Dramatically. I first participated in the women’s movement in Los Angeles, 1970-71, then in New York thereafter. I still have many close friendships from those years. The energy, enthusiasm, optimism and support was invaluable. We gave one another permission to explore territory that had been previously un-mined.
I really admire the decision you made to get away from the gallery scene and move into public art. You were having some really successful shows in the late 70′s. What was it that pushed you to this change?
I wanted to expand my decorative art to a public scale. It had already moved off the canvas and onto the walls and floors. (I was making ceramic tiles and printed textiles in the late 70s.) And I was excited about reaching a broader audience than the people who visit galleries and museums. I was almost messianic about grand scale public decoration.
What made you decide to move back into the gallery?
I never stopped showing in galleries altogether, but my focus throughout the 80s and into the nineties was on public art. My exhibitions were often related to the commissions (models, drawings, photographs, or ideas for unrealized, even visionary projects). I ultimately burned out. I created 16 ambitious public projects that I’m proud of, but toward the end, there were battles over content that were devastating to me. And I had lots of ideas for private work that I never had time to realize in those years. Each project took over my life for a year or more. I was getting older, and felt a new urgency to return to an intimate studio practice. I can imagine doing a public art piece again sometime, but that is not where my passion lies now.
Does the cartography you use in much of your recent work help to connect people with some of the problems that may seem to be half way around the world?
I truly hope so! Many artists utilize maps in their work, in all kinds of different ways. Mapping is one of the chief forms of communication in the 21st century. For me, a map is like the scaffold of a building. It is a structure into which I can infuse content. Medieval and Renaissance maps are full of stories, and they have been my models. I have become an amateur student of the history of cartography. Maps reveal the biases and attitudes of their time, if one looks closely.
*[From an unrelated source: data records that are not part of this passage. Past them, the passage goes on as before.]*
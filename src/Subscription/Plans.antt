-- ===== src/Subscription/Plans.antt =====
-- The four core plans and the seeding of them (subscription_service.py).
pub mod Seeding
use self_managed_agents.Base.{
  nat_eq, string_eq, ℕ, String, Bool, true, false, Option, none, some, List, [], ◌∷◌, ◌==◌,
  if◌then◌else◌, where_, update,
}
use self_managed_agents.Base.Outcome.{first}
use self_managed_agents.Subscription.Data.{
  SubscriptionPlan, trial_id, tier_1_id, tier_2_id, tier_3_id, Db,
}

abbrev pub tier_3_token_quota : ℕ
tier_3_token_quota = 100_000_000

-- DEFAULT_SUBSCRIPTION_PLANS
abbrev pub trial_plan : SubscriptionPlan
trial_plan = record {
  id = trial_id;
  code = "trial";
  label = "Trial";
  max_agents = some 1;
  token_quota = 5_000_000;
  period_days = some 14;
  grace_period_days = 3;
  allowed_models = "openai/gpt-4.1-mini" ∷ [];
  subagents_allowed = true;
  wa_connect = true;
  is_trial = true;
  is_active = true;
}

abbrev pub tier_1_plan : SubscriptionPlan
tier_1_plan = record {
  id = tier_1_id;
  code = "tier_1";
  label = "Starter";
  max_agents = some 1;
  token_quota = 10_000_000;
  period_days = some 30;
  grace_period_days = 3;
  allowed_models = "openai/gpt-4.1-mini" ∷ [];
  subagents_allowed = true;
  wa_connect = true;
  is_trial = false;
  is_active = true;
}

abbrev pub tier_2_plan : SubscriptionPlan
tier_2_plan = record {
  id = tier_2_id;
  code = "tier_2";
  label = "Pro";
  max_agents = some 2;
  token_quota = 20_000_000;
  period_days = some 30;
  grace_period_days = 3;
  allowed_models = "openai/gpt-4.1-mini" ∷ "deepseek/deepseek-v4-flash" ∷ [];
  subagents_allowed = true;
  wa_connect = true;
  is_trial = false;
  is_active = true;
}

abbrev pub tier_3_plan : SubscriptionPlan
tier_3_plan = record {
  id = tier_3_id;
  code = "tier_3";
  label = "Enterprise";
  max_agents = none;
  token_quota = tier_3_token_quota;
  period_days = none;
  grace_period_days = 7;
  allowed_models = [];
  subagents_allowed = true;
  wa_connect = true;
  is_trial = false;
  is_active = true;
}

abbrev pub default_subscription_plans : List SubscriptionPlan
default_subscription_plans = trial_plan ∷ tier_1_plan ∷ tier_2_plan ∷ tier_3_plan ∷ []

-- what the loop writes to a plan that exists
unfoldable pub repair_tier_3 : SubscriptionPlan → SubscriptionPlan
repair_tier_3 plan =
    if plan.id == tier_3_id
    then record plan { max_agents = none; token_quota = tier_3_token_quota }
    else plan

unfoldable pub repair_trial : SubscriptionPlan → SubscriptionPlan
repair_trial plan =
    if plan.id == trial_id
    then record plan {
      max_agents = some 1;
      token_quota = 5_000_000;
      period_days = some 14;
      allowed_models = "openai/gpt-4.1-mini" ∷ [];
      subagents_allowed = true;
    }
    else plan

unfoldable pub repair : SubscriptionPlan → SubscriptionPlan
unfolding repair_tier_3 repair_trial
repair plan = repair_trial (repair_tier_3 plan)

-- one round of the loop; `existing_plans` is the snapshot that is queried before it
unfoldable pub ensure_plan :
    List SubscriptionPlan → List SubscriptionPlan → SubscriptionPlan → List SubscriptionPlan
unfolding repair
ensure_plan existing_plans plans plan =
    elim (first (where_ (λ p. p.id == plan.id) existing_plans)) [
      | none ↦ plan ∷ plans
      | some existing ↦ update (λ p. p.id == existing.id) repair plans
    ]

unfoldable pub ensure_plans :
    List SubscriptionPlan → List SubscriptionPlan → List SubscriptionPlan → List SubscriptionPlan
unfolding ensure_plan
ensure_plans existing_plans plans [] = plans
ensure_plans existing_plans plans (plan ∷ rest) =
    ensure_plans existing_plans (ensure_plan existing_plans plans plan) rest

unfoldable pub ensure_default_subscription_plans : Db → Db
unfolding ensure_plans
ensure_default_subscription_plans db = record db {
  plans = ensure_plans db.plans db.plans default_subscription_plans;
}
I want to reveal today’s political realities and conflicts through re-mapping and re-inventing the world as it is presented to us daily.
Your work has been direct in it’s opposition to many things, including the U.S. roll in military action. How much power does an artist have in causing change to political decisions in your opinion?
Hah! Very little, I’m afraid. Whenever there is talk about art that had a powerful impact, people mention “Guernica,” which was painted in 1937. Film and digital media may be having that kind of effect today, but we do not yet have the historical distance to know. I just now came home from an exhibition at the Guggenheim Museum, “Found in Translation,” in which there were several video pieces that made one think about language, history, culture and this current moment (particularly the works of Omer Fast and Steve McQueen).
Any thoughts to share on the unrest in North Africa and the middle east right now?
I believe that each country will evolve differently. Egypt and Tunisia seem to be off to a good start, so I’m hopeful.
Who are a few people who have inspired you in your work or in life generally?
So many things: I have a voracious appetite for the visual world. The great mosques of Isfahan. The Alhambra. The paintings of Duccio and Cimabue and the Lorenzetti and Giovanni Bellini. Mackintosh and Fortuny and Sonia Delaunay and Persian miniatures and the 20th century paintings of the Baroda school (India). And movies: I grew up on Godard, Truffaut, Varda, Antonioni, Fellini. If you asked me this question on another day, I’d come up with a different list.
What can we look forward to seeing from you in the future?
I’m thinking of doing a piece about Christianity next (I’m a secular Jew). I grew up in a Catholic town, where we were the only Jewish family. I’m always fascinated by “the other”, and where I stand in relationship to those others.